In A Better World (15)

Starring: Mikael Persbrandt, Trine Dyrholm

Reviewed,Anthony Quinn
Friday 19 August 2011 00:00 BST
Comments

Impossible to watch this Scandinavian drama about violence in the male psyche without being reminded of terrible recent events in Norway.

Susanne Bier (Open Hearts, After the Wedding) sets up an intriguing generational story that drags two middle-class families towards tragedy. At its centre is a noble-minded surgeon (Mikael Persbrandt) who, away for long periods in Africa, doesn't know that his teenage son (Markus Rygaard) is being bullied at school. But the latter finds an ally in the new boy (William Jøhnk Nielsen), a recently bereaved son with an ominous sense of justice.

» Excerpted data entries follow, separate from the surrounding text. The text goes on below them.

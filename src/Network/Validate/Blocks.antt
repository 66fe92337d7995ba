-- ===== src/Network/Validate/Blocks.antt =====
-- What the checks of an address block ensure.
use cedar_switch_3i4o_power.Common.{ℕ, ◌≡◌, ◌⊎◌, Bool, true, false, ◌||◌, not, leb, ◌==◌, arith}
use cedar_switch_3i4o_power.ApiValidation.Address.{
  api_ipv4_prefix_is_valid, api_ipv4_is_usable_host, api_ipv4_same_subnet,
}
use cedar_switch_3i4o_power.Network.Types.{DeviceIpv4, ipv4_mode_count, ipv4_dhcp}
use cedar_switch_3i4o_power.Network.Parts.{addr_is_zero, same_address}
use cedar_switch_3i4o_power.Network.Check.{
  pass, refuse, refuse_if, Ensures, weaken-Ensures, refuse-Ensures, refuse_if-Ensures, also-Ensures,
  unless_failed-Ensures, if-Ensures,
}
use cedar_switch_3i4o_power.Network.Validate.{
  validate_dhcp, validate_gateway, validate_prefix, validate_static, validate_ipv4,
}
use cedar_switch_3i4o_power.Network.Validate.Facts.{StaticFine, BlockFine, is_dhcp, is_static}

module _ (max_fields : ℕ) where
  validate_gateway-Ensures :
      (ipv4 : DeviceIpv4) (iface : ℕ)
      → Ensures (validate_gateway max_fields ipv4 iface) (
          (ipv4.has_gateway ≡ false)
          ⊎ ((api_ipv4_is_usable_host ipv4.gateway ipv4.prefix_length ≡ true)
              × (api_ipv4_same_subnet ipv4.address ipv4.gateway ipv4.prefix_length ≡ true)
              × (same_address ipv4 ≡ false)))
  unfolding validate_gateway refuse_if refuse pass
  validate_gateway-Ensures ipv4 iface = record { ensures = λ err h. ground arith }

  validate_prefix-Ensures :
      (ipv4 : DeviceIpv4) (iface : ℕ)
      → Ensures
          (validate_prefix max_fields ipv4 iface)
          (api_ipv4_prefix_is_valid ipv4.prefix_length ≡ true)
  unfolding validate_prefix refuse_if refuse pass
  validate_prefix-Ensures ipv4 iface = record { ensures = λ err h. ground arith }

  validate_static-Ensures :
      (ipv4 : DeviceIpv4) (has_address : Bool) (iface : ℕ)
      → Ensures
          (validate_static max_fields ipv4 has_address iface)
          ((has_address ≡ true) × StaticFine ipv4)
  unfolding validate_static
  validate_static-Ensures ipv4 has_address iface =
      let usable = api_ipv4_is_usable_host ipv4.address ipv4.prefix_length in
      weaken-Ensures _
        (λ facts. (
          not_false has_address facts.0.0,
          record {
            prefix_fine = facts.0.1;
            address_fine = not_false _ facts.1.0;
            gateway_usable = ground arith;
            gateway_near = ground arith;
            gateway_other = ground arith;
          },
        ))
        (unless_failed-Ensures _ _
          (also-Ensures _ _ (refuse_if-Ensures max_fields (not has_address) _ _)
            (validate_prefix-Ensures ipv4 iface))
          (unless_failed-Ensures _ _ (refuse_if-Ensures max_fields (not usable) _ _)
            (validate_gateway-Ensures ipv4 iface)))
    where
      not_false : (b : Bool) → not b ≡ false → b ≡ true
      not_false b h = ground arith

  validate_dhcp-Ensures :
      (ipv4 : DeviceIpv4) (has_address : Bool) (iface : ℕ)
      → Ensures
          (validate_dhcp max_fields ipv4 has_address iface)
          ((has_address ≡ false) × (ipv4.prefix_length ≡ 0) × (ipv4.has_gateway ≡ false))
  unfolding validate_dhcp
  validate_dhcp-Ensures ipv4 has_address iface =
      weaken-Ensures _ (λ facts. (facts.0, is_zero _ facts.1.0, facts.1.1))
        (also-Ensures _ _ (refuse_if-Ensures max_fields has_address _ _) (
          also-Ensures _ _ (refuse_if-Ensures max_fields (not (ipv4.prefix_length == 0)) _ _)
            (refuse_if-Ensures max_fields ipv4.has_gateway _ _)))
    where
      is_zero : (n : ℕ) → not (n == 0) ≡ false → n ≡ 0
      is_zero n h = ground arith

  pub validate_ipv4-Ensures :
      (ipv4 : DeviceIpv4) (given : Bool) (iface : ℕ)
      → Ensures (validate_ipv4 max_fields ipv4 given iface) (BlockFine ipv4 given)
  unfolding validate_ipv4
  validate_ipv4-Ensures ipv4 given iface =
      let has_address = given || not (addr_is_zero ipv4.address 4) in
      if-Ensures (leb ipv4_mode_count ipv4.mode) _ _ (λ out. refuse-Ensures max_fields _ _)
        (λ known.
          if-Ensures (ipv4.mode == ipv4_dhcp) _ _
            (λ dhcp.
              weaken-Ensures _
                (λ facts.
                  let none = neither given (addr_is_zero ipv4.address 4) facts.0 in
                  is_dhcp (ground arith) none.0 none.1 facts.1 facts.2)
                (validate_dhcp-Ensures ipv4 has_address iface))
            (λ not_dhcp.
              weaken-Ensures _
                (λ facts.
                  is_static (ground arith) (either given (addr_is_zero ipv4.address 4) facts.0)
                    facts.1)
                (validate_static-Ensures ipv4 has_address iface)))
    where
      neither : (a z : Bool) → (a || not z) ≡ false → (a ≡ false) × (z ≡ true)
      neither a z h = ground arith

      either : (a z : Bool) → (a || not z) ≡ true → (a ≡ true) ⊎ (z ≡ false)
      either a z h = ground arith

Bier has a great gift for tender observation – you really believe that these people are family – and stages one breathtakingly tense setpiece when the surgeon puts his impeccably liberal principle of non-retaliation to the test against a thuggish car mechanic. (That principle reaches breaking-point when he's plunged into an horrific dilemma back in Africa). Only in the last reel does its sure touch falter, with Bier seemingly unable to let her story go. But it impressed the Academy sufficiently to win this year's Oscar for a Foreign Language film.